Some provinces in Canada are exploiting some of these strategies.  For example, BC and Alberta have a differentiated higher education system that is based on classification of universities as more or less involved in research.  Ontario is beginning to pursue differentiation based on individual mandate agreements with each of its 44 institutions.  In general, though, Canada lags other countries in the clarity of its discussion about outcomes, the collection of meaningful and useful data to manage higher education, its commitment to continuous improvement of the quality of its higher education sector, its willingness to hold institutions accountable for performance and the willingness to tie funding to differentiated mandates.

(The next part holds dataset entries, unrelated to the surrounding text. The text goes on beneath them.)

-- ===== src/Encoder/Branch/Address.antt =====
-- ADRP and the ADD behind it: encoding and relocation together make the address of the target.
use bcpl.Prelude.{
  ℕ, ◌+◌, ◌*◌, ◌/◌, ◌%◌, ◌^◌, ◌<◌, ◌≤◌, ◌≡◌, ◌∙◌, arith, true, Text, ok, >>=-eq-ok, some, [], ◌∷◌,
}
use bcpl.BitPatcher.Fields.{patch_fresh}
use bcpl.Instruction.{Instruction, RelocationType}
use bcpl.Arm64.{
  adrp, add_imm, decode, decode_at, decode-pc_relative, class_decode, pc_relative, add_sub_imm,
}
use bcpl.Linker.{relocate_word}
use bcpl.Linker.RelocateAddress.{adrp_page, adrp_imm, relocate_word-adrp_add}
use bcpl.Encoder.Branch.{
  parse_x_register, parse_address_register, parse_address_register-le, create_adrp,
  create_add_literal,
}
use bcpl.Encoder.Branch.Reach.{unrelocated}

decode_adrp :
    (w rd : ℕ)
    → w / 2 ^ 31 ≡ 1
    → w / 2 ^ 24 % 2 ^ 5 ≡ 16
    → w % 2 ^ 5 ≡ rd
    → decode w ≡ some (adrp rd (adrp_imm w))
unfolding pc_relative
decode_adrp w rd ha hb hr = decode-pc_relative w hb ∙ ground arith

decode_add :
    (x rd rn : ℕ)
    → x / 2 ^ 22 ≡ 0x244
    → x % 2 ^ 10 ≡ rn * 2 ^ 5 + rd
    → rd < 32
    → rn < 32
    → decode x ≡ some (add_imm true rd rn (x / 2 ^ 10 % 2 ^ 12))
unfolding class_decode add_sub_imm
decode_add x rd rn hx hl hd hn = decode_at x 34 (omega arith) ∙ ground arith

parse_x_register-le : (s : Text) {n : ℕ} → parse_x_register 30 s ≡ ok n → n ≤ 31
unfolding parse_x_register
parse_x_register-le [] e = ground arith
parse_x_register-le (c ∷ s) e = ground arith

create_adrp-word :
    (xd label_name : Text) {instr : Instruction}
    → create_adrp xd label_name ≡ ok instr
    → (rd : ℕ) × (parse_x_register 30 xd ≡ ok rd)
      × (rd < 32)
      × (instr.encoding ≡ 0x90000000 + rd)
      × (instr.relocation ≡ RelocationType.page_21_bit_pc_relative)
unfolding create_adrp
create_adrp-word xd label_name e =
    let (rd, er, e1) = >>=-eq-ok (parse_x_register 30 xd) _ e in
    let small = parse_x_register-le xd er in
    let e2 =
      rw
        (patch_fresh 0x90000000 rd 0 5 (omega arith) (omega arith) (omega arith) (omega arith)
          (omega arith))
        at e1 in
    (rd, er, omega arith, ground arith, ground arith)

create_add_literal-word :
    (xd xn label_name : Text) {instr : Instruction}
    → create_add_literal xd xn label_name ≡ ok instr
    → (rd : ℕ) × (rn : ℕ) × (parse_address_register xd ≡ ok rd)
      × (parse_address_register xn ≡ ok rn)
      × (rd < 32)
      × (rn < 32)
      × (instr.encoding ≡ 0x91000000 + rn * 2 ^ 5 + rd)
      × (instr.relocation ≡ RelocationType.add_12_bit_unsigned_offset)
unfolding create_add_literal
create_add_literal-word xd xn label_name e =
    let (rd, ed, e1) = >>=-eq-ok (parse_address_register xd) _ e in
    let (rn, en, e2) = >>=-eq-ok (parse_address_register xn) _ e1 in
    let sd = parse_address_register-le xd ed in
    let sn = parse_address_register-le xn en in
    let w0 = 0x91000000 + rn * 2 ^ 5 in
    let e3 =
      rw
        (
          patch_fresh 0x91000000 rn 5 5 (omega arith) (omega arith) (omega arith) (omega arith)
              (omega arith),
          patch_fresh w0 rd 0 5 (omega arith) (omega arith) (omega arith) (omega arith)
              (omega arith),
        )
        at e2 in
    (rd, rn, ed, en, omega arith, omega arith, ground arith, ground arith)

-- An ADRP and an ADD (literal) that were encoded, relocated against one target, decode to ADRP and to a
-- 64-bit ADD of an immediate, of the registers that they were given, and the ADRP's page and the ADD's
-- immediate add up to the target. The addresses are below 2^64, and the target's page is less than
-- 2^20 pages forward or at most 2^20 back from the ADRP's.
pub create_adrp-create_add_literal :
    (xd label_name xe xn label_name' : Text) (address add_address target : ℕ)
    {instr add_instr : Instruction} {w x : ℕ}
    → address < 2 ^ 64
    → target < 2 ^ 64
    → target / 2 ^ 12 < address / 2 ^ 12 + 2 ^ 20
    → address / 2 ^ 12 ≤ target / 2 ^ 12 + 2 ^ 20
    → create_adrp xd label_name ≡ ok instr
    → create_add_literal xe xn label_name' ≡ ok add_instr
    → relocate_word instr.relocation instr.encoding address target ≡ ok w
    → relocate_word add_instr.relocation add_instr.encoding add_address target ≡ ok x
    → (rd : ℕ) × (re : ℕ) × (rn : ℕ) × (page : ℕ) × (low : ℕ) × (parse_x_register 30 xd ≡ ok rd)
      × (parse_address_register xe ≡ ok re)
      × (parse_address_register xn ≡ ok rn)
      × (decode w ≡ some (adrp rd page))
      × (decode x ≡ some (add_imm true re rn low))
      × (adrp_page address page + low ≡ target)
create_adrp-create_add_literal xd label_name xe xn label_name' address add_address target {instr}
      {add_instr} {w} {x} la lt near far e f ew ex =
    let (rd, er, sd, vw, kw) = create_adrp-word xd label_name e in
    let (re, rn, ee, en, se, sn, vx, kx) = create_add_literal-word xe xn label_name' f in
    let (sum, ha, hb, hc, hd, he) =
      relocate_word-adrp_add (0x90000000 + rd) (0x91000000 + rn * 2 ^ 5 + re) address add_address
        target (omega arith) (omega arith) la lt near far
        (unrelocated instr address target kw vw ew)
        (unrelocated add_instr add_address target kx vx ex) in
    (
      rd,
      re,
      rn,
      adrp_imm w,
      x / 2 ^ 10 % 2 ^ 12,
      er,
      ee,
      en,
      decode_adrp w rd (omega (arith, hc)) (omega (arith, hb)) (omega (arith, ha)),
      decode_add x re rn (omega (arith, he)) (omega (arith, hd)) se sn,
      sum,
    )
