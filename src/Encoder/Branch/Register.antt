-- ===== src/Encoder/Branch/Register.antt =====
-- Branches to a register.
use bcpl.Prelude.{
  ℕ, ◌+◌, ◌*◌, ◌%◌, ◌^◌, ◌<◌, ◌≤◌, ◌≡◌, ◌∙◌, ap, arith, Text, codes, ok, >>=-eq-ok, some, [], ◌∷◌,
}
use bcpl.BitPatcher.Fields.{patch_fresh}
use bcpl.Instruction.{Instruction, OpType}
use bcpl.Arm64.{br, blr, decode, decode-branch, branch}
use bcpl.Encoder.Branch.{
  parse_x_register, branch_register, create_br_reg, create_branch_with_link_register,
}

parse_x_register-le : (s : Text) {n : ℕ} → parse_x_register 31 s ≡ ok n → n ≤ 31
unfolding parse_x_register
parse_x_register-le [] e = ground arith
parse_x_register-le (c ∷ s) e = ground arith

branch_register-word :
    (base : ℕ) (op : OpType) (mnemonic xn : Text) {instr : Instruction}
    → base % 2 ^ 10 ≡ 0
    → base < 2 ^ 32
    → branch_register base op mnemonic xn ≡ ok instr
    → (n : ℕ) × (parse_x_register 31 xn ≡ ok n) × (n < 32) × (instr.encoding ≡ base + n * 2 ^ 5)
unfolding branch_register
branch_register-word base op mnemonic xn {instr} hb hs e =
    let (n, en, e1) = >>=-eq-ok (parse_x_register 31 xn) _ e in
    let small = parse_x_register-le xn en in
    let e2 =
      rw (patch_fresh base n 5 5 (omega arith) (omega arith) (omega arith) (omega arith) hs) at
        e1 in
    (n, en, omega arith, ground arith)

decode_br : (n : ℕ) → n < 32 → decode (0xD61F0000 + n * 2 ^ 5) ≡ some (br n)
unfolding branch
decode_br n h = decode-branch (0xD61F0000 + n * 2 ^ 5) (omega arith) ∙ ground arith

decode_blr : (n : ℕ) → n < 32 → decode (0xD63F0000 + n * 2 ^ 5) ≡ some (blr n)
unfolding branch
decode_blr n h = decode-branch (0xD63F0000 + n * 2 ^ 5) (omega arith) ∙ ground arith

-- Every word that the BR encoder makes decodes to BR of its register.
pub create_br_reg-decode :
    (xn : Text) {instr : Instruction}
    → create_br_reg xn ≡ ok instr
    → (n : ℕ) × (parse_x_register 31 xn ≡ ok n) × (decode instr.encoding ≡ some (br n))
unfolding create_br_reg
create_br_reg-decode xn e =
    let (n, en, small, same_word) =
      branch_register-word 0xD61F0000 OpType.br (codes "BR") xn (omega arith) (omega arith) e in
    (n, en, ap decode same_word ∙ decode_br n small)

-- Every word that the BLR encoder makes decodes to BLR of its register.
pub create_branch_with_link_register-decode :
    (xn : Text) {instr : Instruction}
    → create_branch_with_link_register xn ≡ ok instr
    → (n : ℕ) × (parse_x_register 31 xn ≡ ok n) × (decode instr.encoding ≡ some (blr n))
unfolding create_branch_with_link_register
create_branch_with_link_register-decode xn e =
    let (n, en, small, same_word) =
      branch_register-word 0xD63F0000 OpType.blr (codes "BLR") xn (omega arith) (omega arith) e in
    (n, en, ap decode same_word ∙ decode_blr n small)
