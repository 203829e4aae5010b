-- ===== src/Builtins/Split/Parts.antt =====
-- Splitting undoes joining, and what was split spells the text.
use Prim.Native.Char.{Char, code}
use Prim.Native.String.append
use text.Mathlib.TextEquality.{Char-path}
use eu_ai_act_compliance.Prelude.{
  String, true, false, [], ◌∷◌, none, some, ◌==◌, ◌≡◌, refl, ap, ◌∙◌, arith, ◌+s◌, Bool-cases,
  Option-cases, inl, inr, ==_iff,
}
use eu_ai_act_compliance.Builtins.Split.{
  extend, split, at_separator, last_cut, rsplit, Lacks, three_of,
}

module _ (sep : Char) where
  pub Lacks-append : (a b : String) → Lacks sep a → Lacks sep b → Lacks sep (a +s b)
  Lacks-append String.[] b ha hb = rw (append.nil b) hb
  Lacks-append (String.◌∷◌ c a) b (hc, ha) hb = rw (append.cons c a b) (hc, Lacks-append a b ha hb)

  pub split-lacking : (a : String) → Lacks sep a → split sep a ≡ a ∷ []
  unfolding split extend
  split-lacking String.[] h = refl
  split-lacking (String.◌∷◌ c a) (hc, ha) =
      let other : (code c == code sep) ≡ false = ground arith in rw (other, split-lacking a ha) refl

  pub split-append :
      (a b : String) → Lacks sep a → split sep (a +s String.◌∷◌ sep b) ≡ a ∷ split sep b
  unfolding split extend
  split-append String.[] b h =
      let same : (code sep == code sep) ≡ true = ground arith in
      rw (append.nil (String.◌∷◌ sep b), same) refl
  split-append (String.◌∷◌ c a) b (hc, ha) =
      let other : (code c == code sep) ≡ false = ground arith in
      rw (append.cons c a (String.◌∷◌ sep b), other, split-append a b ha) refl

  last_cut-lacking : (b : String) → Lacks sep b → last_cut sep b ≡ none
  unfolding last_cut at_separator
  last_cut-lacking String.[] h = refl
  last_cut-lacking (String.◌∷◌ c b) (hc, hb) =
      let other : (code c == code sep) ≡ false = ground arith in
      rw (last_cut-lacking b hb, other) refl

  last_cut-append :
      (a b : String) → Lacks sep b → last_cut sep (a +s String.◌∷◌ sep b) ≡ some (a, b)
  unfolding last_cut at_separator
  last_cut-append String.[] b h =
      let same : (code sep == code sep) ≡ true = ground arith in
      rw (append.nil (String.◌∷◌ sep b), last_cut-lacking b h, same) refl
  last_cut-append (String.◌∷◌ c a) b h =
      rw (append.cons c a (String.◌∷◌ sep b), last_cut-append a b h, last_cut) refl

  -- What a cut separates spells the text.
  last_cut-spells : (s a b : String) → last_cut sep s ≡ some (a, b) → s ≡ a +s String.◌∷◌ sep b
  unfolding last_cut at_separator
  last_cut-spells String.[] a b h = cc
  last_cut-spells (String.◌∷◌ c s) a b h = elim (Option-cases (last_cut sep s)) [
    | inr ((a', b'), e) ↦
        let z = rw e at h in
        let left : String.◌∷◌ c a' ≡ a = cc in
        let right : b' ≡ b = cc in
        rw (← left, ← right, append.cons c a' (String.◌∷◌ sep b'))
          (ap (String.◌∷◌ c) (last_cut-spells s a' b' e))
    | inl e ↦ elim (Bool-cases (code c == code sep)) [
      | inl q ↦
          let z = rw (e, q) at h in
          let left : "" ≡ a = cc in
          let right : s ≡ b = cc in
          rw (← left, ← right, append.nil (String.◌∷◌ sep s), Char-path c sep ((==_iff _ _).0 q))
            refl
      | inr q ↦ absurd (let z = rw (e, q) at h in cc)
    ]
  ]

  pub rsplit_two :
      (a b c : String)
      → Lacks sep b
      → Lacks sep c
      → rsplit sep ((a +s String.◌∷◌ sep b) +s String.◌∷◌ sep c) 2 ≡ a ∷ b ∷ c ∷ []
  unfolding rsplit
  rsplit_two a b c hb hc =
      rw (last_cut-append (a +s String.◌∷◌ sep b) c hc, last_cut-append a b hb, rsplit) refl

  pub three_of-rsplit :
      (s a b c : String)
      → three_of (rsplit sep s 2) ≡ some (a, b, c)
      → s ≡ (a +s String.◌∷◌ sep b) +s String.◌∷◌ sep c
  unfolding rsplit three_of
  three_of-rsplit s a b c h = elim (Option-cases (last_cut sep s)) [
    | inl e ↦ absurd (let z = rw (e, rsplit, three_of) at h in cc)
    | inr ((ab, c'), e) ↦ elim (Option-cases (last_cut sep ab)) [
      | inl q ↦ absurd (let z = rw (e, q, rsplit, three_of) at h in cc)
      | inr ((a', b'), q) ↦
          let z = rw (e, q, rsplit, three_of) at h in
          let x : a' ≡ a = cc in
          let y : b' ≡ b = cc in
          let w : c' ≡ c = cc in
          last_cut-spells s ab c' e ∙ rw (last_cut-spells ab a' b' q, x, y, w) refl
    ]
  ]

Canada has a very good public postsecondary system that has served the country well.  We have several institutions in the Top 100 in the world.  This is a good platform from which to build.  We know the strategies other countries use to drive higher quality in their postsecondary systems.  These other countries are moving with an urgency, speed and scale that may leave Canada in their wakes.  It is time for Canada to get more serious about improving its colleges and universities and we do not need, nor do we have, 8-10 years to figure this out.

Harvey P. Weingarten is President of the Higher Education Quality Council of Ontario.